I absolutely ruind an old toothbrush because i didnt read that part of the tutorial, so remember that last part.

also you can find it in lots of places, i found my bottle at the local dairy, and im 12kms away from town with all the shops etc.


----------



## SoupyC (Jun 24, 2008)

Does anyone know where to find Dettol in the US? Or is it a UK/AUS only thing?


----------



## NurglingStomper (Jan 31, 2009)

Brake cleaner works real good for metal models. It destroys plastic. Just make sure to wear gloves and do it in a well ventilated area(outside) the fumes are nasty. uke:


----------



## Triaspia (Jan 21, 2009)

Be careful, some non acetone can still damage the models, I went to a general store to pick some up and they had two almost identical bottles from the same brand of non acetone nail polish remover, i grabbed the cheapest, it stripped the paint better then the first lot i used (some of mums i found in the cupboard)..... then things started to become un-glued, at first i thought nothing of it and left them soaking for a bit while i scrubbed one, i reached for a smaller toothbrush that i had soaking in the remover, the head had melted, bristles were pointing in all directions, i got the models out pretty quick after that, fortunately there was very little damage

I looked on the bottle afterwards, checking the ingredients again and i think it said contained Acetate, so if you plan to use nail polish remover make sure its both acetone and acetate free, or use some of the other alternatives


----------



## dirty-dog- (May 14, 2008)

im pretty sure dettol is practicly anywhere in the world.
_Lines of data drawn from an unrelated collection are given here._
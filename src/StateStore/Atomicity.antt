-- ===== src/StateStore/Atomicity.antt =====
-- A commit that raises, and the runs that a commit is not about.
use deepkeel.Base.{
  String, ◌≡◌, ◌≢◌, ◌⊎◌, ap, inl, inr, some, err, if◌then◌else◌, ◌==◌, string_eq, pair_eq, nat_eq,
}
use deepkeel.Base.Int.{int_eq}
use deepkeel.Base.Dict.{get}
use deepkeel.Base.Text.{or_else}
use deepkeel.Base.Objects.{Objects}
use deepkeel.Scope.{RuntimeScope, RunKey, storage_key}
use deepkeel.StateStore.Aggregate.{StateError}
use deepkeel.StateStore.Commit.{States, or_fresh, commit_scoped}
use deepkeel.StateStore.Entries.{get-commit_at_error, get-commit_at_elsewhere}
use deepkeel.StateStore.Histories.{Request, key_of, handle}

-- runs of two tenants, users or namespaces, where a blank user and namespace stand for the defaults,
-- or two runs of one
abbrev pub AreApart : RuntimeScope → String → RuntimeScope → String → Type 0
AreApart scope run_id scope' run_id' =
    (scope.tenant_id ≢ scope'.tenant_id)
    ⊎ ((or_else scope.namespace "default" ≢ or_else scope'.namespace "default")
        ⊎ ((or_else scope.user_id "local-device" ≢ or_else scope'.user_id "local-device")
            ⊎ (run_id ≢ run_id')))

apart_keys :
    (scope scope' : RuntimeScope) (run_id run_id' : String)
    → AreApart scope run_id scope' run_id'
    → ◌≢◌ {A = RunKey} (storage_key scope, run_id) (storage_key scope', run_id')
unfolding storage_key
apart_keys scope scope' run_id run_id' apart e = elim apart [
  | inl tenants ↦ tenants (ap (λ (k : RunKey). k.0.0) e)
  | inr (inl namespaces) ↦ namespaces (ap (λ (k : RunKey). k.0.1.0) e)
  | inr (inr (inl users)) ↦ users (ap (λ (k : RunKey). k.0.1.1) e)
  | inr (inr (inr runs)) ↦ runs (ap (λ (k : RunKey). k.1) e)
]

module _ {Any : Type 0} ⦃py : Objects Any⦄ where
  -- A commit that raises, in its checks, in the reducer or at any of the five points where a failure
  -- is injected after a part of its writes, changes no entry of the store but that of its own run,
  -- and this one only where there was none: it is then the entry of a new run, which is left behind.
  pub commit_atomic :
      (states : States Any) (q : Request Any) {e : StateError} (key : RunKey)
      → (handle states q).0 ≡ err e
      → get (handle states q).1 key
        ≡ (if key_of q == key then some (or_fresh (get states (key_of q))) else get states key)
  unfolding commit_scoped
  commit_atomic states q key h =
      get-commit_at_error q.injector q.now (key_of q) q.mutation states key h

  -- A commit, whatever it returns or raises, leaves the entry of every other run as it is, or missing: of
  -- each run of another tenant, of another namespace or user, a blank one being the default, and of
  -- each run with another id.
  pub commit_isolated :
      (states : States Any) (q : Request Any) (scope : RuntimeScope) (run_id : String)
      → AreApart q.scope q.mutation.run_id scope run_id
      → get (handle states q).1 (storage_key scope, run_id) ≡ get states (storage_key scope, run_id)
  unfolding commit_scoped
  commit_isolated states q scope run_id apart =
      get-commit_at_elsewhere q.injector q.now (key_of q) q.mutation states
        (storage_key scope, run_id) (apart_keys q.scope scope q.mutation.run_id run_id apart)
maybe at your local chemist as it is also used for cleansing wounds as well as an antiseptic.

if its not there try a supermarket or mart, should be near the cleaning products.

hope this helps.


----------



## Triaspia (Jan 21, 2009)

This is the dettol dirty dog is talking about, they also make a variety of soap and cleaning products,

i thought you were talking about betadine (another brown antiseptic solution) at first


----------